• Mali : Méfiance de l’Afrique sur l’intervention militaire occidentale

    Mali : Méfiance de l’Afrique sur l’intervention militaire occidentale

    L’intervention contre les groupes terroristes est présentée comme un soulagement pour la population malienne. Mais, en Afrique, tout le monde ne se fie pas à l’ancienne puissance coloniale.

    Tony Busselen

    Mali : Méfiance de l’Afrique sur l’intervention militaire occidentale

    C’est surtout chez les voisins algériens qu’on est très mécontent de l’intervention française au Mali.
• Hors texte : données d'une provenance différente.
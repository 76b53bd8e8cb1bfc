-- ===== src/A3/Disk/Transfer/Reading.antt =====
-- Reading gives the bytes of the file, on a disk that is an array of sectors.
use mcgill_ecse_427_operatin.Prelude.{
  some, ℕ, zero, suc, ◌+◌, ◌-◌, ◌*◌, ◌/◌, ◌%◌, ◌≤◌, ◌<◌, ◌≡◌, inl, inr, refl, ap, ◌∙◌, false,
  Bool-cases, ==_iff, ltb, lt→ltb, ◌==◌, if◌then◌else◌, List, [], ◌∷◌, ◌++◌, Array, arith,
}
use mcgill_ecse_427_operatin.Prelude.Int.{pos, pos_part}
use mcgill_ecse_427_operatin.A3.Disk.Sectors.{
  ◌>>=◌, pure, Sectors, Runs, pure-Runs, read_then-Runs, >>=-Runs,
}
use mcgill_ecse_427_operatin.A3.Disk.Inode.{
  Bytes, InodeDisk, min, bytes_to_sectors, no_sector, slice, byte_to_sector,
}
use mcgill_ecse_427_operatin.A3.Disk.Inode.Index.{
  max_blocks, sector_at, HasIndex, index_to_sector-sector_at,
}
use mcgill_ecse_427_operatin.A3.Disk.Transfer.{chunk_size, read_loop}

-- The byte of a file at a position.
abbrev pub byte_at : Array Bytes → InodeDisk → ℕ → ℕ
byte_at v d p = v (sector_at v d (p / 512)) (p % 512)

unfoldable pub bytes_from : Array Bytes → InodeDisk → ℕ → ℕ → List ℕ
bytes_from v d p zero = []
bytes_from v d p (suc m) = byte_at v d p ∷ bytes_from v d (p + 1) m

bytes_from-add :
    (v : Array Bytes) (d : InodeDisk) (p a b : ℕ)
    → bytes_from v d p (a + b) ≡ bytes_from v d p a ++ bytes_from v d (p + a) b
unfolding bytes_from
bytes_from-add v d p zero b =
    let none_more : 0 + b ≡ b = omega arith in
    let here : p + 0 ≡ p = omega arith in rw (none_more, here)
bytes_from-add v d p (suc a) b =
    let e : suc a + b ≡ suc (a + b) = omega arith in
    rw e (
      ap (◌∷◌ (byte_at v d p)) (
        bytes_from-add v d (p + 1) a b
        ∙ ap (λ q. bytes_from v d (p + 1) a ++ bytes_from v d q b) (omega arith)))

-- Within one sector.
bytes_from-slice :
    (v : Array Bytes) (d : InodeDisk) (p q ofs m : ℕ)
    → p ≡ 512 * q + ofs
    → ofs + m ≤ 512
    → bytes_from v d p m ≡ slice (v (sector_at v d q)) ofs m
unfolding bytes_from slice
bytes_from-slice v d p q ofs zero e h = refl
bytes_from-slice v d p q ofs (suc m) e h =
    let row : p / 512 ≡ q = omega arith in
    let column : p % 512 ≡ ofs = omega arith in
    rw (row, column)
      (ap (◌∷◌ (v (sector_at v d q) ofs))
        (bytes_from-slice v d (p + 1) q (ofs + 1) m (omega arith) (omega arith)))

-- The file has a length, the blocks that index it are on the disk, and so are its own.
pub record HasBytes (n : ℕ) (v : Array Bytes) (d : InodeDisk) (len : ℕ) : Type 0 where
  pub length : d.length ≡ pos len
  pub bounded : bytes_to_sectors len ≤ max_blocks
  pub index : HasIndex n v d (bytes_to_sectors len)
  pub on_disk : (i : ℕ) → i < bytes_to_sectors len → sector_at v d i < n

module _ {S : Type 0} (io : Sectors S Bytes) (n : ℕ) (v : Array Bytes) (d : InodeDisk) (len : ℕ)
    (has : HasBytes n v d len) where
  part : pos_part d.length ≡ len
  part = ap pos_part has.length

  pub byte_to_sector-inside :
      (p : ℕ) → p < len → Runs io n (byte_to_sector io d (pos p)) v (sector_at v d (p / 512)) v
  unfolding byte_to_sector
  byte_to_sector-inside p h = rw (lt→ltb p (pos_part d.length) (omega (arith, part))) (
      index_to_sector-sector_at io n v d (bytes_to_sectors len) (p / 512) has.index (omega arith)
        has.bounded)

  pub byte_to_sector-outside :
      (p : ℕ) → len ≤ p → Runs io n (byte_to_sector io d (pos p)) v no_sector v
  unfolding byte_to_sector
  byte_to_sector-outside p h =
      let past : ltb p (pos_part d.length) ≡ false = ground (arith, part) in
      rw past (pure-Runs io n no_sector v)

  module _ (size offset : ℕ) where
    chunk_len : ℕ
    chunk_len = chunk_size (pos_part d.length) size offset

    none_read : chunk_len ≡ 0 → bytes_from v d offset (min size (len - offset)) ≡ []
    unfolding chunk_len bytes_from
    none_read e =
        ap (λ (m : ℕ). bytes_from v d offset m)
          (let m : min size (len - offset) ≡ 0 = ground (arith, part) in m)

    -- The bytes of one round, and of those behind it.
    chunk_read :
        bytes_from v d offset (min size (len - offset))
        ≡ slice (v (sector_at v d (offset / 512))) (offset % 512) chunk_len
          ++ bytes_from v d
              (offset + chunk_len)
              (min (size - chunk_len) (len - (offset + chunk_len)))
    unfolding chunk_len
    chunk_read =
        let chunk = chunk_size (pos_part d.length) size offset in
        let rest = min (size - chunk) (len - (offset + chunk)) in
        let whole : min size (len - offset) ≡ chunk + rest = ground (arith, part) in
        ap (bytes_from v d offset) whole
        ∙ bytes_from-add v d offset chunk rest
        ∙ ap (λ l. l ++ bytes_from v d (offset + chunk) rest)
            (bytes_from-slice v d offset (offset / 512) (offset % 512) chunk (omega arith)
              (ground arith))

  -- For a file of a length whose blocks can be indexed, with its index and its blocks on the disk,
  -- and with one round more than bytes are asked for: the loop of `inode_read_at` returns the bytes
  -- of the file from the position, as many as are asked for or as the file has there, and leaves
  -- every sector of the disk as it was.
  pub read_loop-bytes :
      (rounds size offset : ℕ)
      → size < rounds
      → (c : S) → io.Stands c n v
      → (c' : S) × (read_loop io rounds d size offset c
          ≡ some (bytes_from v d offset (min size (len - offset)), c'))
        × io.Stands c' n v
  unfolding read_loop chunk_len
  read_loop-bytes zero size offset h = absurd (omega arith)
  read_loop-bytes (suc rounds) size offset h =
      let chunk = chunk_size (pos_part d.length) size offset in
      let body = λ (sector : ℕ). if chunk == 0 then pure [] else (do
        b ← io.read sector
        rest ← read_loop io rounds d (size - chunk) (offset + chunk)
        pure (slice b (offset % 512) chunk ++ rest)) in
      elim (Bool-cases (size == 0)) [
        | inl done ↦ rw (done, none_read size offset (ground arith)) (pure-Runs io n [] v)
        | inr more ↦ rw more (elim (Bool-cases (chunk == 0)) [
          | inl past ↦
              >>=-Runs io n (byte_to_sector io d (pos offset)) body v v v no_sector
                (bytes_from v d offset (min size (len - offset)))
                (byte_to_sector-outside offset (ground (arith, part)))
                (rw (past, none_read size offset ((==_iff _ _).0 past)) (pure-Runs io n [] v))
          | inr inside ↦
              let q = offset / 512 in
              let s = sector_at v d q in
              let rest =
                bytes_from v d (offset + chunk) (min (size - chunk) (len - (offset + chunk))) in
              let more_bytes = slice (v s) (offset % 512) chunk ++ rest in
              rw (chunk_read size offset) (
                >>=-Runs io n (byte_to_sector io d (pos offset)) body v v v s more_bytes
                  (byte_to_sector-inside offset (ground (arith, part)))
                  (rw inside (
                    read_then-Runs io n s
                      (λ b. read_loop io rounds d (size - chunk) (offset + chunk) >>= λ rest.
                        pure (slice b (offset % 512) chunk ++ rest))
                      v v more_bytes (has.on_disk q (ground (arith, part)))
                      (>>=-Runs io n (read_loop io rounds d (size - chunk) (offset + chunk))
                        (λ rest. pure (slice (v s) (offset % 512) chunk ++ rest)) v v v rest
                        more_bytes
                        (read_loop-bytes rounds (size - chunk) (offset + chunk) (ground arith))
                        (pure-Runs io n more_bytes v)))))
        ])
      ]
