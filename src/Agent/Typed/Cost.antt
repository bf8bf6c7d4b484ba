-- ===== src/Agent/Typed/Cost.antt =====
-- How often a typed run calls the provider.
use native.Mathlib.Nat.{mul-le-mul_right, suc-mul}
use mathlib.Core.Path.{subst}
use forgeant.Prelude.{ℕ, suc, ◌+◌, ◌*◌, ◌≤◌, ◌<◌, ◌≡◌, ap, some, arith}
use forgeant.Prelude.Int.{pos_part}
use forgeant.Outcome.{Outcome}
use forgeant.Platform.{Platform}
use forgeant.Json.{Json}
use forgeant.Types.Conversation.{Conversation}
use forgeant.Agent.{Agent, AgentResult, LoopResult, Run, RunOverrides, iteration_cap}
use forgeant.Agent.Metering.{ToolsKeep, ChatCounts, execute_loop-calls_bound}
use forgeant.Agent.Typed.{default_retries, execute_typed}
use forgeant.Agent.Typed.Retries.{
  Progress, attempt_at, Retries, no_retry, retry_then, TypedEnds, readable, aborted, unread, fresh,
  execute_typed-TypedEnds,
}

module _ {W T : Type 0} (p : Platform) (get : Json → Outcome T) (agent : Agent W) (calls : W → ℕ)
    (keep : ToolsKeep agent calls) (counts : ChatCounts agent calls) (overrides : RunOverrides)
    (schema : Json) where
  abbrev cap : ℕ
  cap = pos_part (iteration_cap p agent overrides)

  attempt_at-calls :
      (s : Progress W) (r : Run LoopResult) (w : W)
      → attempt_at p get agent overrides schema s ≡ (r, w)
      → calls w ≤ calls s.world + cap
  attempt_at-calls s r w e =
      subst (λ x. calls x.1 ≤ calls s.world + cap) e
        (execute_loop-calls_bound p agent calls keep counts s.conversation overrides (some schema)
          s.world)

  Retries-calls :
      (n attempt : ℕ) (s t : Progress W)
      → Retries p get agent overrides schema n attempt s t
      → calls t.world ≤ calls s.world + n * cap
  Retries-calls n attempt s t no_retry = omega arith
  Retries-calls (suc n) attempt s t (retry_then {t = middle} first rest) =
      let here = attempt_at-calls s _ first.world first.returns in
      let later = Retries-calls n (attempt + 1) middle t rest in
      let same = ap (λ x. calls x.world) first.leads_to in
      rw (suc-mul n cap) (omega (arith, here, later, same))

  -- Where tools do not count as calls of the provider, a typed run ends after at most three times as
  -- many calls of the provider as the cap allows, whatever the answers are; a negative cap allows none.
  pub execute_typed-calls :
      (working : Conversation) (w : W)
      → calls (execute_typed p get agent schema working overrides w).1
        ≤ calls w + 3 * pos_part (iteration_cap p agent overrides)
  execute_typed-calls working w =
      go _ (execute_typed-TypedEnds p get agent schema working overrides w)
    where
      within :
          (n before after : ℕ)
          → n < suc default_retries
          → after ≤ before + cap
          → before ≤ calls w + n * cap
          → after ≤ calls w + 3 * cap
      within n before after lt step start =
          let less = mul-le-mul_right {m = suc n} {n = 3} cap lt in
          let split = suc-mul n cap in omega (arith, less, split)

      go :
          (r : Run (AgentResult T) × W)
          → TypedEnds p get agent overrides schema (suc default_retries) 0 (fresh working w) r
          → calls r.1 ≤ calls w + 3 * cap
      go r (readable n t result output w' lt retries loop parsed e) = rw e (
          within n (calls t.world) (calls w') lt (attempt_at-calls t _ w' loop)
            (Retries-calls n 0 _ t retries))
      go r (aborted n t x w' lt retries loop e) = rw e (
          within n (calls t.world) (calls w') lt (attempt_at-calls t _ w' loop)
            (Retries-calls n 0 _ t retries))
      go r (unread t retries e) = rw e (Retries-calls 3 0 _ t retries)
L’approche algérienne, la semaine dernière, de la prise d’otages sur le site gazier d’In Aménas est critiquée çà et là dans la presse européenne.

    Dimanche 20 janvier, le quotidien algérien El Watan reprenait dans les détails une analyse du journal américain Foreign Policy (FP), pour défendre cette façon de faire. FP fait remarquer que, déjà en 2011, l’Algérie avait prévenu que les bombardements de l’Otan en Libye allaient mener à l’effondrement de l’État libyen et que d’importantes quantités d’armes allaient tomber aux mains des terroristes qui ne tarderaient pas à déstabiliser la région. L’Algérie s’inquiétait également, l’an dernier, qu’une approche militaire de la situation dans le Nord du Mali comportait un risque énorme de voir le conflit dégénérer et mener vraisemblablement à des attentats terroristes islamistes en Algérie. « De ce fait, dit la même source, la communauté internationale est indirectement responsable de ce qui s’est passé là-bas (sur ce site gazier, NdlR) et elle est mal placée pour dire à l’Algérie comment elle aurait dû réagir. »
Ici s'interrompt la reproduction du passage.